**What the task asks:** Among the lines below, keep only those from the one containing "prepend_assoc a b (ok" through the one containing "read ds w₁ r", and reproduce them exactly.

**Task inputs:**
::::

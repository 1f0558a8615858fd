-- ===== src/Client/Spread.antt =====
-- What the calls over all resources of a duck type do: the lists and `DeleteAllOf`.
use Prim.Native.Char.{Char}
use ducks.Prelude.{
  String, ◌≡◌, refl, Bool, true, false, List, [], ◌∷◌, ◌++◌, inl, inr, ap, sym, ◌∙◌,
}
use ducks.Prelude.Text.{◌<>◌}
use ducks.Prelude.Exec.{Result, ok, err, Exec, outcome_cases, ◌>>=◌}
use ducks.Schema.{Schema, GroupVersionKind}
use ducks.Conditions.{Conditions}
use ducks.Api.{Duck}
use ducks.Client.Wrapped.{Upstream, Object}
use ducks.Client.Select.{Ducks}
use ducks.Client.Lookup.{Finds, find_ducks-Finds}
use ducks.Client.{
  ClientError, other, Reply, lift_reply, then_convert, find_ducks, list_each, list, track_and_list,
}
use mathlib.Core.List.{append_assoc, append-nil}

module _ (s : Schema) (c : Conditions) (lower : Char → Char) (u : Upstream c.Status) where
  open u use {World, Error, Content, Item, Opts}

  -- The kind of the lists of a duck's resource, under the version that the duck gives.
  abbrev kind_of_list : Duck c.Status → GroupVersionKind
  kind_of_list d = record {
    group = d.spec.group;
    version = d.spec.version;
    kind = d.spec.kind <> "List";
  }

  -- A list of every resource in turn, from a world to a world: the items come in the order of the
  -- ducks, and the first failure ends it.
  pub data Lists (read : GroupVersionKind → Exec World Error (List Item))
      : Ducks c → World → Result (ClientError Error) (List Item) × World → Type 0 where
    done : {w : World} → Lists read [] w (ok [], w)
    stop :
        {d : Duck c.Status} {ds : Ducks c} {w w₁ : World} {e : Error}
        → read (kind_of_list d) w ≡ (err e, w₁)
        → Lists read (d ∷ ds) w (err (other e), w₁)
    next_fails :
        {d : Duck c.Status} {ds : Ducks c} {w w₁ w₂ : World} {items : List Item}
        {e : ClientError Error}
        → read (kind_of_list d) w ≡ (ok items, w₁)
        → Lists read ds w₁ (err e, w₂)
        → Lists read (d ∷ ds) w (err e, w₂)
    next :
        {d : Duck c.Status} {ds : Ducks c} {w w₁ w₂ : World} {items rest : List Item}
        → read (kind_of_list d) w ≡ (ok items, w₁)
        → Lists read ds w₁ (ok rest, w₂)
        → Lists read (d ∷ ds) w (ok (items ++ rest), w₂)

  -- The accumulator stands in front.
  abbrev prepend :
      List Item
      → Result (ClientError Error) (List Item) × World
      → Result (ClientError Error) (List Item) × World
  prepend front (ok items, w) = (ok (front ++ items), w)
  prepend front (err e, w) = (err e, w)

  module _ (read : GroupVersionKind → Exec World Error (List Item)) where
    prepend_assoc :
        (a b : List Item) (r : Result (ClientError Error) (List Item) × World)
        → prepend (a ++ b) r ≡ prepend a (prepend b r)
    prepend_assoc a b (ok items, w) = rw append_assoc
    prepend_assoc a b (err e, w) = refl

    prepend-nil : (r : Result (ClientError Error) (List Item) × World) → prepend [] r ≡ r
    prepend-nil (ok items, w) = refl
    prepend-nil (err e, w) = refl

    list_each-prepend :
        (ds : Ducks c) (front : List Item) (w : World)
        → list_each s c lower u read ds front w ≡ prepend front (list_each s c lower u read ds [] w)
    unfolding list_each
    list_each-prepend [] front w = rw append-nil
    list_each-prepend (d ∷ ds) front w = elim (outcome_cases (read (kind_of_list d) w)) [
      | inr (e, w₁, failed) ↦ rw failed
      | inl (items, w₁, got) ↦ rw got (
          list_each-prepend ds (front ++ items) w₁
          ∙ (prepend_assoc front items (list_each s c lower u read ds [] w₁)
              ∙ ap (prepend front) (sym (list_each-prepend ds items w₁))))
    ]

    after :
        {d : Duck c.Status} {ds : Ducks c} {w w₁ : World} {items : List Item}
        → read (kind_of_list d) w ≡ (ok items, w₁)
        → (r : Result (ClientError Error) (List Item) × World) → Lists read ds w₁ r
        → Lists read (d ∷ ds) w (prepend items r)
    after got (ok rest, w₂) l = next got l
    after got (err e, w₂) l = next_fails got l

    list_each-Lists :
        (ds : Ducks c) (w : World) → Lists read ds w (list_each s c lower u read ds [] w)
    unfolding list_each
    list_each-Lists [] w = done
    list_each-Lists (d ∷ ds) w = elim (outcome_cases (read (kind_of_list d) w)) [
      | inr (e, w₁, failed) ↦ rw failed (stop failed)
      | inl (items, w₁, got) ↦ rw got (
          rw (list_each-prepend ds items w₁)
            (after got (list_each s c lower u read ds [] w₁) (list_each-Lists ds w₁)))
    ]

  -- The outcomes of a list of a duck type: `target` is filled by the conversion of all items, and
  -- is as it was on any earlier error.
  pub data ListsAs (name : String) (target : Object Content) (track : Bool) (w : World)
      (read : GroupVersionKind → Exec World Error (List Item)) : Reply s c lower u → Type 0 where
    lookup_failed :
        {e : ClientError Error} {w₁ : World}
        → Finds s c lower u name
            (record { group = target.gvk.group; kind = target.gvk.kind })
            track
            w
            (err e, w₁)
        → ListsAs name target track w read (err e, target, w₁)
    list_failed :
        {found : Ducks c} {e : ClientError Error} {w₁ w₂ : World}
        → Finds s c lower u name
            (record { group = target.gvk.group; kind = target.gvk.kind })
            track
            w
            (ok found, w₁)
        → Lists read found w₁ (err e, w₂)
        → ListsAs name target track w read (err e, target, w₂)
    converted :
        {found : Ducks c} {items : List Item} {w₁ w₂ : World}
        → Finds s c lower u name
            (record { group = target.gvk.group; kind = target.gvk.kind })
            track
            w
            (ok found, w₁)
        → Lists read found w₁ (ok items, w₂)
        → ListsAs name target track w read
            (lift_reply s c lower u ((u.convert items target).0, (u.convert items target).1, w₂))

  module _ (name : String) (target : Object Content) (track : Bool) (w : World)
      (read : GroupVersionKind → Exec World Error (List Item)) where
    after-Lists :
        {found : Ducks c} {w₁ : World}
        → Finds s c lower u name
            (record { group = target.gvk.group; kind = target.gvk.kind })
            track
            w
            (ok found, w₁)
        → (r : Result (ClientError Error) (List Item) × World) → Lists read found w₁ r
        → ListsAs name target track w read (then_convert s c lower u target r)
    after-Lists f (err e, w₂) l = list_failed f l
    after-Lists f (ok items, w₂) l = converted f l

    spread-ListsAs : ListsAs name target track w read (
        then_convert s c lower u target (
          (find_ducks s c lower u name (s.group_kind target.gvk) track >>= λ found.
          list_each s c lower u read found [])
            w))
    spread-ListsAs =
        elim (outcome_cases (find_ducks s c lower u name (s.group_kind target.gvk) track w)) [
          | inr (e, w₁, failed) ↦ rw failed (lookup_failed (rw failed at finds))
          | inl (found, w₁, listed) ↦
              rw listed (after-Lists (rw listed at finds) _ (list_each-Lists read found w₁))
        ]
      where
        finds :
            Finds s c lower u name
              (record { group = target.gvk.group; kind = target.gvk.kind })
              track
              w
              (find_ducks s c lower u name (s.group_kind target.gvk) track w)
        finds = rw (s.group_kind_lem target.gvk) (find_ducks-Finds s c lower u name _ track w)

  module _ (name : String) (opts : Opts) (target : Object Content) (w : World) where
    -- `List` lists every wanted duck's resource in the order of the ducks, stops at the first
    -- failure, and converts all the items into its list. `TrackAndList` does so by the tracking
    -- lookup and the tracking lists.
    pub list-ListsAs :
        ListsAs name target false w (λ gvk. u.list gvk opts) (list s c lower u name opts target w)
        × ListsAs name target true w
            (λ gvk. u.track_and_list gvk opts)
            (track_and_list s c lower u name opts target w)
    unfolding list track_and_list
    list-ListsAs = (
      spread-ListsAs name target false w (λ gvk. u.list gvk opts),
      spread-ListsAs name target true w (λ gvk. u.track_and_list gvk opts),
    )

::::

**Solved exercise:**
    prepend_assoc a b (ok items, w) = rw append_assoc
    prepend_assoc a b (err e, w) = refl

    prepend-nil : (r : Result (ClientError Error) (List Item) × World) → prepend [] r ≡ r
    prepend-nil (ok items, w) = refl
    prepend-nil (err e, w) = refl

    list_each-prepend :
        (ds : Ducks c) (front : List Item) (w : World)
        → list_each s c lower u read ds front w ≡ prepend front (list_each s c lower u read ds [] w)
    unfolding list_each
    list_each-prepend [] front w = rw append-nil
    list_each-prepend (d ∷ ds) front w = elim (outcome_cases (read (kind_of_list d) w)) [
      | inr (e, w₁, failed) ↦ rw failed
      | inl (items, w₁, got) ↦ rw got (
          list_each-prepend ds (front ++ items) w₁
          ∙ (prepend_assoc front items (list_each s c lower u read ds [] w₁)
              ∙ ap (prepend front) (sym (list_each-prepend ds items w₁))))
    ]

    after :
        {d : Duck c.Status} {ds : Ducks c} {w w₁ : World} {items : List Item}
        → read (kind_of_list d) w ≡ (ok items, w₁)
        → (r : Result (ClientError Error) (List Item) × World) → Lists read ds w₁ r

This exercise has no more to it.